Dear Group,
Thanks so much for a) existing b) reading this post at all and c) having patience with me.
I hope I'm not duplicating this request. I did try a good few searches but in the end decided to join the community and ask.
I'd like to make an ebook from a url where the page is grabbed but where it also follows the links (e.g.
http://markforster.squarespace.com/b...e-systems.html or
http://www.psychowith6.com/can-a-dai....Z8UQS2kE.dpbs)
I know I can do this via ebook-convert, but what I'm keen to do is to try and do it via a recipe so that I can use the readability aspects and have it so the ebook only contains the 'body'.
I know a
little python, and next to nothing in html, but I'm keen to try (for the achievement if nothing else).

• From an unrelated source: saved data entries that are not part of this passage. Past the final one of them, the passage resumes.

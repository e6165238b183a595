-- ===== src/Turns/Feed.antt =====
-- internal/turns/feed.go: the feed that publishes differences of snapshots to its subscribers. What
-- the goroutine `Run` does is one step for each case of its `select`; the snapshot that `f.snapshot`
-- returns is an argument. A subscription's pointer is a number, given out in order: `subs` holds the
-- subscriptions that are in Go's set, `ended` those that left it, which a reader may still hold. A
-- channel of changes is its queue, and the caller's contexts and acknowledgements are not modelled
-- but for the test of `r.ctx.Err()`.
pub mod Ending
pub mod Sampling
pub mod Streams
pub mod Bounds
pub mod Clients
pub mod Publishing
pub mod Current
pub mod Readers
use ferngeist_acp_gateway.Prelude.{
  is_empty, ℕ, suc, ◌+◌, ◌-◌, Bool, true, false, not, ◌&&◌, Option, none, some, List, [], ◌∷◌, ◌++◌,
  map, String, by_text, by_number, length, leb, ltb, ◌==◌, if◌then◌else◌, Result, ok, err,
}
use ferngeist_acp_gateway.Map
use ferngeist_acp_gateway.Map.{Map}
use ferngeist_acp_gateway.Turns.Types.{Status, Key}
use ferngeist_acp_gateway.Turns.Diff.{Snapshot, Change, diff_turns}

abbrev pub max_subscriptions : ℕ
max_subscriptions = 256

abbrev pub max_streams_per_device : ℕ
max_streams_per_device = 4

abbrev pub max_queued_changes : ℕ
max_queued_changes = 16

-- `cancelled` is the error of the caller's context.
pub data FeedError : Type 0 where
  busy slow_consumer superseded stopped cancelled : FeedError

pub record Subscription : Type 0 where
  pub device_id : String
  pub changes : List Change
  pub pending : Bool
  pub active : Bool
  pub base : List Status
  pub err : Option FeedError

pub record FeedStats : Type 0 where
  pub subscribers : ℕ
  pub samples : ℕ
  pub pokes : ℕ
  pub last_sample_at : ℕ

-- `window` tells whether a sample is scheduled.
pub record Feed : Type 0 where
  pub last : List Status
  pub last_observed_at : ℕ
  pub subs : Map ℕ Subscription
  pub ended : Map ℕ Subscription
  pub next_sub : ℕ
  pub by_device : Map String (List ℕ)
  pub stats : FeedStats
  pub window : Bool

unfoldable pub new_feed : Feed
unfolding Map.empty
new_feed = record {
  last = [];
  last_observed_at = 0;
  subs = Map.empty;
  ended = Map.empty;
  next_sub = 0;
  by_device = Map.empty;
  stats = record { subscribers = 0; samples = 0; pokes = 0; last_sample_at = 0 };
  window = false;
}

-- `f.byDevice[deviceID]`, with Go's zero value where there is none.
abbrev pub streams_of : Option (List ℕ) → List ℕ
streams_of none = []
streams_of (some l) = l

unfoldable pub without : ℕ → List ℕ → List ℕ
without id [] = []
without id (x ∷ l) = let rest = without id l in if x == id then rest else x ∷ rest

-- The device's streams without one of them.
unfoldable pub leave_device : ℕ → String → Map String (List ℕ) → Map String (List ℕ)
leave_device id device_id by_device =
    let left = without id (streams_of (Map.lookup device_id by_device)) in
    if is_empty left then Map.delete device_id by_device else Map.insert device_id left by_device

-- `if len(f.subs) == 0 { f.last, f.lastObservedAt = nil, time.Time{} }`
unfoldable pub forget_last : Feed → Feed
forget_last f = if Map.size f.subs == 0 then (record f { last = []; last_observed_at = 0 }) else f

-- `f.end`, for the subscription that the set has.
unfoldable pub end_found : ℕ → Option FeedError → Option Subscription → Feed → Feed
end_found id e none f = f
end_found id e (some sub) f = forget_last (record f {
  subs = Map.delete id f.subs;
  stats = record f.stats { subscribers = f.stats.subscribers - 1 };
  by_device = if sub.active then leave_device id sub.device_id f.by_device else f.by_device;
  ended =
      Map.insert id
        (record sub { pending = false; active = false; base = []; err = e; changes = [] }) f.ended;
})

unfoldable pub end_sub : ℕ → Option FeedError → Feed → Feed
unfolding end_found
end_sub id e f = end_found id e (Map.lookup id f.subs) f

abbrev pub is_void : Change → Bool
is_void c = is_empty c.upserts && is_empty c.removed

-- `sub.changes <- change`
unfoldable pub enqueue : Change → Subscription → Subscription
enqueue c sub = record sub { changes = sub.changes ++ c ∷ [] }

-- One turn of the loop of `sample` over the subscriptions.
unfoldable pub publish : Change → ℕ → Option Subscription → Feed → Feed
publish c id none f = f
publish c id (some sub) f =
    if sub.active
    then (if ltb (length sub.changes) max_queued_changes
        then (record f { subs = Map.insert id (enqueue c sub) f.subs })
        else end_sub id (some slow_consumer) f)
    else f

unfoldable pub publish_each : Change → List ℕ → Feed → Feed
unfolding publish
publish_each c [] f = f
publish_each c (id ∷ ids) f = publish_each c ids (publish c id (Map.lookup id f.subs) f)

unfoldable pub sample : Snapshot → Feed → Feed
sample snap f =
    let change = diff_turns f.last snap in
    let seen : Feed = record f {
      last = snap.turns;
      last_observed_at = snap.observed_at;
      stats = record f.stats { samples = suc f.stats.samples; last_sample_at = snap.observed_at };
    } in
    if is_void change then seen else publish_each change (map (λ e. e.0) seen.subs.entries) seen

-- The subscription that `subscribeRequest.serve` makes.
abbrev pub new_subscription : String → List Status → Subscription
new_subscription device_id base = record {
  device_id = device_id;
  changes = [];
  pending = true;
  active = false;
  base = base;
  err = none;
}

-- `subscribeRequest.serve`; the flag is `r.ctx.Err() != nil`.
unfoldable pub serve_subscribe :
    Bool → String → Snapshot → Feed → Feed × Result FeedError (Snapshot × ℕ)
serve_subscribe is_cancelled device_id snap f =
    if is_cancelled
    then (f, err cancelled)
    else (if leb max_subscriptions (Map.size f.subs)
        then (f, err busy)
        else (let seen = sample snap f in
            (
              record seen {
                subs = Map.insert seen.next_sub (new_subscription device_id snap.turns) seen.subs;
                next_sub = suc seen.next_sub;
                stats = record seen.stats { subscribers = suc seen.stats.subscribers };
              },
              ok (snap, seen.next_sub),
            )))

-- The device's oldest stream goes where there are more than the limit.
unfoldable pub limit_streams : List ℕ → Feed → Feed
limit_streams [] f = f
limit_streams (oldest ∷ rest) f =
    if ltb max_streams_per_device (suc (length rest)) then end_sub oldest (some superseded) f else f

unfoldable pub activate : ℕ → Subscription → Feed → Feed
activate id sub f =
    let change =
      diff_turns sub.base (record { observed_at = f.last_observed_at; turns = f.last }) in
    let streams = streams_of (Map.lookup sub.device_id f.by_device) ++ id ∷ [] in
    limit_streams streams (record f {
      subs =
          Map.insert id
            (record sub {
              base = [];
              pending = false;
              active = true;
              changes = if is_void change then sub.changes else sub.changes ++ change ∷ [];
            })
            f.subs;
      by_device = Map.insert sub.device_id streams f.by_device;
    })

unfoldable pub ready_found : ℕ → Option Subscription → Feed → Feed
unfolding activate
ready_found id none f = f
ready_found id (some sub) f = if sub.pending then activate id sub f else f

-- `readyRequest.serve` and `closeRequest.serve`
unfoldable pub serve_ready : ℕ → Feed → Feed
unfolding ready_found
serve_ready id f = ready_found id (Map.lookup id f.subs) f

unfoldable pub serve_close : ℕ → Feed → Feed
serve_close id f = end_sub id none f

-- The other cases of `Run`: a poke, the window, the backstop's tick, and the end.
unfoldable pub poke : Feed → Feed
poke f =
    let counted : Feed = record f { stats = record f.stats { pokes = suc f.stats.pokes } } in
    if Map.size f.subs == 0
    then (record counted { last = []; last_observed_at = 0 })
    else record counted { window = true }

unfoldable pub window_elapsed : Snapshot → Feed → Feed
window_elapsed snap f = if f.window then sample snap (record f { window = false }) else f

unfoldable pub backstop : Snapshot → Feed → Feed
backstop snap f = if ltb 0 (Map.size f.subs) then sample snap f else f

unfoldable pub end_each : List ℕ → Feed → Feed
end_each [] f = f
end_each (id ∷ ids) f = end_each ids (end_sub id (some stopped) f)

unfoldable pub stop : Feed → Feed
stop f = end_each (map (λ e. e.0) f.subs.entries) f

abbrev pub rest_changes : List Change → List Change
rest_changes [] = []
rest_changes (c ∷ l) = l

abbrev pub first_of : List Change → Option Change
first_of [] = none
first_of (c ∷ l) = some c

-- A reader takes the first change of its channel.
unfoldable pub take_from : ℕ → Option Subscription → Feed → Feed × Option Change
take_from id none f = (f, none)
take_from id (some sub) f = (
  record f { subs = Map.insert id (record sub { changes = rest_changes sub.changes }) f.subs },
  first_of sub.changes,
)

unfoldable pub receive : ℕ → Feed → Feed × Option Change
unfolding take_from
receive id f = take_from id (Map.lookup id f.subs) f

I'm aware/have had a once through of these links:
https://www.mobileread.com/forums/sho...d.php?t=121439,
http://blog.calibre-ebook.com/2011/1...-fetching.html,
http://manual.calibre-ebook.com/news...asicNewsRecipe,
http://manual.calibre-ebook.com/news...-fetch-process.
I think the key API methods are: extract_readable_article(html, url), is_link_wanted(url, tag) or the regexp options for tags, parse_index(), auto_cleanup (maybe? I think that's just for feeds?) and recursions = X so it follows links.
I've made a basic start that doesn't throw errors but does little else (and index.html is downloaded) but I'm lost after that. Things like if I use extract_readable_article - can I assume the html, url are somehow already known or is that up to me?
Any help or pointers appreciated.
Kind regards,
Tim